# Serger reviews



## Ms.Lilly (Jun 23, 2008)

I am in the market for a new serger. The one I currently own is 25 years old and I just can't seem to get it to thread right or keep good tension. So I am thinking of investing in a new one. Any advise or input would be helpful!

Yesterday I went and looked at a new baby lock- self threading and self adjusting on the tension it was beautiful!!!!! Until the sales lady told me it was 2500.00. That is a bit much in my book!!!!

I would love to know what you have and if you like it. Thanks.

Lillian


----------



## countrysunshine (Jul 3, 2008)

I have a Janome MyLock 644D, I think. I lust after those BabyLocks but can't bring myself to spend that much money after what I have spent on my others.

I really like my Janome. It can be a little noisy (I am very sensitive to noise). It is probably louder because it is on a metal table in my sewing room and I sew fairly fast. I muffled it some by putting it on a double layer of that padded shelf liner that is available now.

It threads much easier than the Singer I had prior to it or the White my MIL has. Of course, both of those were 20+ years old.

Look at several and set down and thread them to see how it goes.

Good luck.

Mary


----------



## Garnet (Sep 19, 2003)

Last summer I ordered a Brother 1034D from Walmart for $200 with free site to store shipping. It does 4/3 thread overlock with differential feed. has a piece that is easy to remove to do rolled hem. It has a free arm. 

WM has a good return policy. You can read several reviews for this serger at the WM site, some by users experienced with various machines and some by beginners. I wrote a review under the name of Sewgal. You can also find some reviews at other vendor sites.

I bought this serger to replace a 20 yr old Pfaff that I had worn out. If it could have been repaired, it would have cost almost as much for service and a replacement part.

I had been using an older Brother serger given to me by my aunt. She had bought it when she was manager of a WM sewing and craft department. It was like new. I use it for regular serging and my new one for rolled hems.

The serger comes with a good instruction manual and a video.


----------



## okiemom (May 12, 2002)

Baby Lock it will thread it for you. :bouncy: Just sit down when they tell you the price.


----------



## Callieslamb (Feb 27, 2007)

I got a different Baby lock -the one that doesn't thread itself- sigh!!!! I love it though. I haven't ever had to rethread it- I just loosen tension to '0'; tie a knot from old thread to new and run it through.
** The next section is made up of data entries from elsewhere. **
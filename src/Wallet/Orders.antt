-- ===== src/Wallet/Orders.antt =====
-- Payment orders: a paid order is credited once, repeated notifications change nothing, and what a
-- failing statement in the middle does.
use mathlib.Core.Option
use lurus_identity.Base.{
  ℕ, ◌≡◌, ap, ◌∙◌, refl, true, false, none, some, String, List, arith, ◌==◌, str_eq, ℤ, ◌+ℤ◌,
  if◌then◌else◌,
}
use lurus_identity.Table.{first, update, count}
use lurus_identity.Table.Laws.{
  first-update, first-holds, count-zero, first-update_self, first_narrow, update-none, updated,
}
use lurus_identity.Entity.Billing.{Wallet, PaymentOrder, is_pending_order}
use lurus_identity.Store.{Tables, ok, pure, require, ◌>>=◌, ◌>>◌, follow, ignore, sql}
use lurus_identity.Store.Run.{run_of_calm, then_pure, run, calm, calm_of_run}
use lurus_identity.Wallet.Repo.{
  credit, entry, credit_row, has_id, of_account, has_order_no, is_pending, set_paid, marked,
  mark_payment_order_paid, get_payment_order_by_no,
}
use lurus_identity.Entity.Identity.{AccountVip}
use lurus_identity.Vip.Frame.{recalculate_from_wallet-Keeps}
use lurus_identity.Wallet.Invariant.{credit-IsSound}
use lurus_identity.Wallet.Postings.{credit-IsPosting, run-credit}
use lurus_identity.Wallet.Ledger.{
  posted, IsReconciled-same, balance_of, IsReconciled, balance_of-posted,
}
use lurus_identity.Wallet.Service.{topup_info, topup, credit_topup, mark_order_paid}

-- No order of that number is pending.
abbrev pub IsSettled : String → Tables → Type 0
IsSettled n t = first (is_pending n) t.orders ≡ none

-- The tables after the conditional UPDATE.
abbrev pub paid_up : ℕ → String → Tables → Tables
paid_up now n t = record t { orders = update (is_pending n) (set_paid now) t.orders }

-- The conditional UPDATE and the SELECT after it.
mark_payment_calm :
    (now : ℕ) (n : String) (t : Tables)
    → mark_payment_order_paid now n (calm t) ≡ (
      ok (marked (count (is_pending n) t.orders) (first (has_order_no n) (paid_up now n t).orders)),
      calm (paid_up now n t),
    )
unfolding mark_payment_order_paid get_payment_order_by_no sql pure ◌>>=◌
mark_payment_calm now n t = refl

pub mark_settled-calm :
    (now : ℕ) (n : String) {o : PaymentOrder} (t : Tables)
    → IsSettled n t
    → first (has_order_no n) t.orders ≡ some o
    → mark_order_paid now n (calm t) ≡ (ok o, calm t)
unfolding mark_order_paid credit_topup require pure ◌>>=◌
mark_settled-calm now n {o} t settled found =
    let out : marked (count (is_pending n) t.orders)
          (first (has_order_no n) (update (is_pending n) (set_paid now) t.orders))
        ≡ (some o, false) =
      rw (update-none (is_pending n) (set_paid now) t.orders settled)
        (rw found (ground (arith, count-zero (is_pending n) t.orders))) in
    rw (mark_payment_calm now n t, follow)
      (rw out (rw (update-none (is_pending n) (set_paid now) t.orders settled)))

-- Without failures, a notification for an order that exists and is not pending changes nothing, and
-- returns the order.
pub mark_settled :
    (now : ℕ) (n : String) {o : PaymentOrder} (t : Tables)
    → IsSettled n t
    → first (has_order_no n) t.orders ≡ some o
    → run (mark_order_paid now n) t ≡ (ok o, t)
mark_settled now n t settled found =
    run_of_calm (mark_order_paid now n) t (mark_settled-calm now n t settled found)

-- The UPDATE leaves no pending order of that number.
pub paid_up-IsSettled : (now : ℕ) (n : String) (t : Tables) → IsSettled n (paid_up now n t)
paid_up-IsSettled now n t =
    first-update_self (is_pending n) (set_paid now) t.orders (λ o. ground arith)

-- A pending order becomes paid.
pub first-paid_up :
    (now : ℕ) (n : String) {o : PaymentOrder} (t : Tables)
    → first (has_order_no n) t.orders ≡ some o
    → is_pending_order o.status ≡ true
    → first (has_order_no n) (paid_up now n t).orders ≡ some (set_paid now o)
first-paid_up now n {o} t found p =
    first-update (has_order_no n) (is_pending n) (set_paid now) t.orders (λ x. refl)
    ∙ ap (Option.map (updated (is_pending n) (set_paid now))) found
    ∙ ground (arith, first-holds (has_order_no n) t.orders found)

-- The answer about a pending order.
pub marked_pending :
    (now : ℕ) (n : String) {o : PaymentOrder} (t : Tables)
    → first (has_order_no n) t.orders ≡ some o
    → is_pending_order o.status ≡ true
    → marked (count (is_pending n) t.orders) (first (has_order_no n) (paid_up now n t).orders)
      ≡ (some (set_paid now o), true)
marked_pending now n {o} t found p =
    let pending : first (is_pending n) t.orders ≡ some o =
      first_narrow (has_order_no n) (is_pending n) t.orders (λ y e. rw e) found
        (ground (arith, first-holds (has_order_no n) t.orders found)) in
    rw (first-paid_up now n t found p) (rw (count-zero (is_pending n) t.orders) (rw pending))

mark_topup-calm :
    (now : ℕ) (n : String) {o : PaymentOrder} (t : Tables)
    → first (has_order_no n) t.orders ≡ some o
    → is_pending_order o.status ≡ true
    → str_eq o.order_type "topup" ≡ true
    → mark_order_paid now n (calm t)
      ≡ (topup o.account_id o.amount_cny o.order_no >> pure (set_paid now o))
          (calm (paid_up now n t))
unfolding mark_order_paid credit_topup follow require ◌>>=◌
mark_topup-calm now n t found p is_topup =
    rw (mark_payment_calm now n t, follow) (rw (marked_pending now n t found p) (rw is_topup))

-- A topup: the posting, then a recalculation that `P` does not see.
topup_lem :
    (P : Tables → Type 0)
    → ((t : Tables) (vs : List AccountVip) → P t → P (record t { vips = vs }))
    → (a : ℕ) (amount : ℤ) (n : String) {w : Wallet} (t : Tables) → IsReconciled t
    → first (of_account a) t.wallets ≡ some w
    → P (posted a amount (topup_info n) (has_id w.id) (credit_row amount "topup") w t)
    → ((topup a amount n (calm t)).0
        ≡ ok (entry t.next_id a amount (topup_info n) (credit_row amount "topup" w)))
      × P (topup a amount n (calm t)).1.tables
unfolding topup ignore pure ◌>>=◌
topup_lem P frame a amount n t r h k =
    rw
      (
        calm_of_run (credit a amount (topup_info n)) (credit-IsSound a amount (topup_info n))
            (run-credit a amount (topup_info n) t r h),
        follow,
      )
      (refl, (recalculate_from_wallet-Keeps frame a).at _ k)

-- Without failures, from a reconciled state, the notification for a pending topup order of an account
-- with a wallet returns the order as paid, adds its amount to that account's balance and to no other,
-- and leaves no pending order of that number.
pub mark_order_paid_balances :
    (now : ℕ) (n : String) (b : ℕ) {o : PaymentOrder} {w : Wallet} (t : Tables)
    → IsReconciled t
    → first (has_order_no n) t.orders ≡ some o
    → is_pending_order o.status ≡ true
    → str_eq o.order_type "topup" ≡ true
    → first (of_account o.account_id) t.wallets ≡ some w
    → (run (mark_order_paid now n) t).0 ≡ ok (set_paid now o)
      × (balance_of b (run (mark_order_paid now n) t).1.wallets ≡ (
          if o.account_id == b
          then balance_of b t.wallets +ℤ o.amount_cny
          else balance_of b t.wallets))
      × IsSettled n (run (mark_order_paid now n) t).1
mark_order_paid_balances now n b {o} {w} t r found p is_topup h =
    let u = paid_up now n t in
    let ru : IsReconciled u = IsReconciled-same refl refl (omega arith) r in
    let (done, kept) =
      topup_lem
        (λ (v : Tables).
          (balance_of b v.wallets ≡ (
            if o.account_id == b
            then balance_of b t.wallets +ℤ o.amount_cny
            else balance_of b t.wallets))
          × IsSettled n v)
        (λ v vs x. x) o.account_id o.amount_cny o.order_no u ru h
        (
          balance_of-posted ru (credit-IsPosting o.account_id o.amount_cny "topup" u h) b,
          paid_up-IsSettled now n t,
        ) in
    let whole =
      mark_topup-calm now n t found p is_topup
      ∙ then_pure (topup o.account_id o.amount_cny o.order_no) (set_paid now o) (calm u) done in
    rw (run_of_calm (mark_order_paid now n) t whole) (refl, kept.0, kept.1)
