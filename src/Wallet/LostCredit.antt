-- ===== src/Wallet/LostCredit.antt =====
-- `MarkOrderPaid` is two transactions: what happens when the second one fails.
use lurus_identity.Base.{ℕ, ◌≡◌, refl, true, false, some, String, [], ◌∷◌, str_eq}
use lurus_identity.Table.{first, count}
use lurus_identity.Entity.Billing.{PaymentOrder, is_pending_order}
use lurus_identity.Store.{
  Tables, Db, Error, ok, err, pure, require, ◌>>=◌, follow, sql, transaction,
}
use lurus_identity.Store.Run.{run}
use lurus_identity.Wallet.Repo.{
  has_order_no, is_pending, set_paid, marked, mark_payment_order_paid, get_payment_order_by_no,
  credit, lock_wallet,
}
use lurus_identity.Wallet.Service.{topup, credit_topup, mark_order_paid}
use lurus_identity.Wallet.Orders.{
  paid_up, mark_settled, paid_up-IsSettled, first-paid_up, marked_pending,
}

-- The third statement fails.
abbrev pub third_fails : Tables → Db
third_fails t = record { tables = t; faults = false ∷ false ∷ true ∷ [] }

abbrev now_fails : Tables → Db
now_fails t = record { tables = t; faults = true ∷ [] }

mark_payment_before :
    (now : ℕ) (n : String) (t : Tables)
    → mark_payment_order_paid now n (third_fails t) ≡ (
      ok (marked (count (is_pending n) t.orders) (first (has_order_no n) (paid_up now n t).orders)),
      now_fails (paid_up now n t),
    )
unfolding mark_payment_order_paid get_payment_order_by_no sql pure ◌>>=◌
mark_payment_before now n t = refl

topup_fails :
    (a : ℕ) (amount : _) (n : String) (t : Tables)
    → topup a amount n (now_fails t) ≡ (err Error.db_fault, record { tables = t; faults = [] })
unfolding topup credit lock_wallet sql transaction ◌>>=◌
topup_fails a amount n t = refl

mark_order_paid_fails :
    (now : ℕ) (n : String) {o : PaymentOrder} (t : Tables)
    → first (has_order_no n) t.orders ≡ some o
    → is_pending_order o.status ≡ true
    → str_eq o.order_type "topup" ≡ true
    → mark_order_paid now n (third_fails t)
      ≡ (err Error.db_fault, record { tables = paid_up now n t; faults = [] })
unfolding mark_order_paid credit_topup require ◌>>=◌
mark_order_paid_fails now n {o} t found p is_topup =
    rw (mark_payment_before now n t, follow)
      (rw (marked_pending now n t found p) (
        rw is_topup
          (rw (topup_fails o.account_id o.amount_cny o.order_no (paid_up now n t), follow))))

-- When the notification of a pending topup order meets a failure at the statement that locks the
-- wallet, the call returns an error, the order is already paid and no wallet has changed; and every
-- later notification, without any failure, succeeds and changes nothing: the money is never credited.
pub lost_credit :
    (now later : ℕ) (n : String) {o : PaymentOrder} (t : Tables)
    → first (has_order_no n) t.orders ≡ some o
    → is_pending_order o.status ≡ true
    → str_eq o.order_type "topup" ≡ true
    → let (r, s) = mark_order_paid now n (third_fails t) in
      (r ≡ err Error.db_fault)
      × (first (has_order_no n) s.tables.orders ≡ some (set_paid now o))
      × (s.tables.wallets ≡ t.wallets)
      × (run (mark_order_paid later n) s.tables ≡ (ok (set_paid now o), s.tables))
lost_credit now later n {o} t found p is_topup =
    rw (mark_order_paid_fails now n t found p is_topup) (
      refl,
      first-paid_up now n t found p,
      refl,
      mark_settled later n (paid_up now n t) (paid_up-IsSettled now n t)
          (first-paid_up now n t found p),
    )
Works every time. I got mine on a clearance for $400. I could have spent more for a nicer one, but really couldn't justify it due to how much I use it. Mine has differential feed, easy switch to rolled-hem plate, 2, 3 and 4 thread sewing, etc. Haven't had a problem with it yet. If I had stayed where I was, I would have gotten a year's free cleaning and 6 free classes to learn to use it.....sigh again!


----------



## ejagno (Jan 2, 2008)

I just purchased a Jenome Harmony 9102D. I have not been able to sit down and use it yet but bought this particular one based on rave reviews by 3 different professional seamstresses and costumers in our area as well as a sewing machine repair shop owner that is a friend of ours.


----------



## bopeep (Apr 2, 2007)

Mine is a Singer...got it at Walmart a couple years ago..for $199.00......I do like Callieslamb said set the tension to '0' and pull the thread through...it does the rolled hem ...I Love that ..you don't have to take anything off..just set it like the book says.....it has the free arm....does everything I need...works Great...I Love it....
bopeep


----------



## AngieM2 (May 10, 2002)

I have a Babylock Imagine jet air serger. I did get it previously owned (these are like cadillacs and are not used, just previously owned).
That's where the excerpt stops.